_TASK PROMPT_
In the listing below, print exactly the lines between the line holding "-- The loop" and the line holding "push_links text ((start, end)", inclusive, and no more.

_SOURCE DATA_
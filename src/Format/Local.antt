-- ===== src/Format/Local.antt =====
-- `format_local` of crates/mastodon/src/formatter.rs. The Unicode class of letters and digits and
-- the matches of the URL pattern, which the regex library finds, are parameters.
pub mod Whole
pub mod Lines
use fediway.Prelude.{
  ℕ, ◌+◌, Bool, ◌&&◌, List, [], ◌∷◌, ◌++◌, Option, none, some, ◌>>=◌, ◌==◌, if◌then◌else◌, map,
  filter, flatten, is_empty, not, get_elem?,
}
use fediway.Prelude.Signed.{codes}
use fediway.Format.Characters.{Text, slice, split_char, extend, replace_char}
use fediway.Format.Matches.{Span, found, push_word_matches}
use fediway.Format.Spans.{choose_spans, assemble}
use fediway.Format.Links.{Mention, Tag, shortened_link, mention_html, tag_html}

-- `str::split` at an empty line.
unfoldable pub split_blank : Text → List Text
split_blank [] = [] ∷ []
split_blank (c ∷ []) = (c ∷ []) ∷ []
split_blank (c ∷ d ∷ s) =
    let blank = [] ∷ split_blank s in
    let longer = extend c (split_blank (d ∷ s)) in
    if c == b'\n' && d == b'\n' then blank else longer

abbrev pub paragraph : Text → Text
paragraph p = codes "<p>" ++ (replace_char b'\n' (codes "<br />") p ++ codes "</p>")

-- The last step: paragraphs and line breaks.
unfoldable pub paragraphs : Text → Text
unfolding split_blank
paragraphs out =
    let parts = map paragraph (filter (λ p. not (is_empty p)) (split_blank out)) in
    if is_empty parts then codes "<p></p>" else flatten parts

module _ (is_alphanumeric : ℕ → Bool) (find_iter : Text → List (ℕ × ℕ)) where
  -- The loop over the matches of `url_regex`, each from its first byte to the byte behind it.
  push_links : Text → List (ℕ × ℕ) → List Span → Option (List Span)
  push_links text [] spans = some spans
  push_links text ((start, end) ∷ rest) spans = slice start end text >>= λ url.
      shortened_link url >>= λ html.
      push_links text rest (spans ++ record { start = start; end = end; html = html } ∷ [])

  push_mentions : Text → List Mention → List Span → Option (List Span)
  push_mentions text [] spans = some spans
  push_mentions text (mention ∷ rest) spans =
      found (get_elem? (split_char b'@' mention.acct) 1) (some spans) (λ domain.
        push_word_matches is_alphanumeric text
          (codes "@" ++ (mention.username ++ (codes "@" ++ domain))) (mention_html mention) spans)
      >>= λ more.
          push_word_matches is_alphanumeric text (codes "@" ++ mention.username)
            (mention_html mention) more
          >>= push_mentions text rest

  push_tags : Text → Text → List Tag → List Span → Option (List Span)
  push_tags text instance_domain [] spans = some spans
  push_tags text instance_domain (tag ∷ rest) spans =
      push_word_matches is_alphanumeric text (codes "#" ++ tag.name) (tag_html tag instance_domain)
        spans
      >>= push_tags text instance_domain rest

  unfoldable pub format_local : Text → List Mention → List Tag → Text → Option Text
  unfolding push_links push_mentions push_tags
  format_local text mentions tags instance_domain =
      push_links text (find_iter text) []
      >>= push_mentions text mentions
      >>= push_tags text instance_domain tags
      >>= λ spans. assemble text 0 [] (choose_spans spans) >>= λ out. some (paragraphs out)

* * *

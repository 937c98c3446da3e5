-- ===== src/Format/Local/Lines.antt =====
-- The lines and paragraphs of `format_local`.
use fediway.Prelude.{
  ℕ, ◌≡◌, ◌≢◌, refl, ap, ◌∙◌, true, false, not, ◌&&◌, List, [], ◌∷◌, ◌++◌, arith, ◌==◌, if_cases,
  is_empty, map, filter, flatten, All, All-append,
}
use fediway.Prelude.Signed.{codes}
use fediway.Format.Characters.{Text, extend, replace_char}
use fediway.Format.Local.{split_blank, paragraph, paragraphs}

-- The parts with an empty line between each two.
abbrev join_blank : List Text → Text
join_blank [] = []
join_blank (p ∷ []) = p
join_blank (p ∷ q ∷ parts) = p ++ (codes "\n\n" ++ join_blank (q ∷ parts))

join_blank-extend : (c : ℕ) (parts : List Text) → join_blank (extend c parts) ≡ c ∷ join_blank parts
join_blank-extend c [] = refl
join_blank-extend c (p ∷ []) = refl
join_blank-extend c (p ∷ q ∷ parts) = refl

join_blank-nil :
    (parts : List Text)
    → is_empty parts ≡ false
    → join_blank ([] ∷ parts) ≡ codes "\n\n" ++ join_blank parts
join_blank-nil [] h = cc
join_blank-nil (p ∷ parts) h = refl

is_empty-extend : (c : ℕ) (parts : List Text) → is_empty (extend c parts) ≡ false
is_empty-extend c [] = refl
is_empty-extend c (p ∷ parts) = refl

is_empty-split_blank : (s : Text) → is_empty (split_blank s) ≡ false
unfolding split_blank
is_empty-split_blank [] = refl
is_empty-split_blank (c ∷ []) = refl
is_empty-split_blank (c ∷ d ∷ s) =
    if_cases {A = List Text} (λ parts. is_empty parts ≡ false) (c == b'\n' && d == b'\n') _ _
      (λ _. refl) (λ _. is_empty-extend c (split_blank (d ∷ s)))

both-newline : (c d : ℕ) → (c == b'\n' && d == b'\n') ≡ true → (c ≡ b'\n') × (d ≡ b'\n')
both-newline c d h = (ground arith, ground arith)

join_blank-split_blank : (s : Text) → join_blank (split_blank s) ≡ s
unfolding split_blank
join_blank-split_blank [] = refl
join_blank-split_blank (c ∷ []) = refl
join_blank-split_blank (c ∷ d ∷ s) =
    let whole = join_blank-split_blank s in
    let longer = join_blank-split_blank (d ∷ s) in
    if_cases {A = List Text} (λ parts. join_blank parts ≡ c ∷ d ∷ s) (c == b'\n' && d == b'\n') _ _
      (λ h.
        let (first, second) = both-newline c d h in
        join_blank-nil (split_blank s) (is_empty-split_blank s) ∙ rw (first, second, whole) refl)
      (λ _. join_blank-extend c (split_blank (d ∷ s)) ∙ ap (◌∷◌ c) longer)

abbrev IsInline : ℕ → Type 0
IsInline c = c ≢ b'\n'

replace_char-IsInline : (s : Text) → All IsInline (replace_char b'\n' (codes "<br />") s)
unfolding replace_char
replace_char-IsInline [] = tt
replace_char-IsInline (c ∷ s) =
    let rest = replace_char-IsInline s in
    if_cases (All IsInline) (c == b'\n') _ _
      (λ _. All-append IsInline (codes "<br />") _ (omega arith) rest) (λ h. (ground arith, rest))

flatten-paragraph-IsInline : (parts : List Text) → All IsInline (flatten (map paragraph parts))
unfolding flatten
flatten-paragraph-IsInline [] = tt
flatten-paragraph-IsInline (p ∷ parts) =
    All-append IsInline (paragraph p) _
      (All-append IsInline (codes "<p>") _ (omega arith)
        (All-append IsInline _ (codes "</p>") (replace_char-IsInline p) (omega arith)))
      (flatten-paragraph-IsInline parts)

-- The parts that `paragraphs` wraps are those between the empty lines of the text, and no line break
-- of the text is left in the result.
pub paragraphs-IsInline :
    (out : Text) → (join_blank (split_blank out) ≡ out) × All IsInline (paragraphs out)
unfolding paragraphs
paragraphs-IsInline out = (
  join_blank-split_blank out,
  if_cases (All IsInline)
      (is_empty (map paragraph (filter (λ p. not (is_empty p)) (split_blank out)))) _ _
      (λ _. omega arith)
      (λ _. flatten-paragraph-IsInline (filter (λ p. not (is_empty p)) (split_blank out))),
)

_ANSWER BOX_
  -- The loop over the matches of `url_regex`, each from its first byte to the byte behind it.
  push_links : Text → List (ℕ × ℕ) → List Span → Option (List Span)
  push_links text [] spans = some spans
  push_links text ((start, end) ∷ rest) spans = slice start end text >>= λ url.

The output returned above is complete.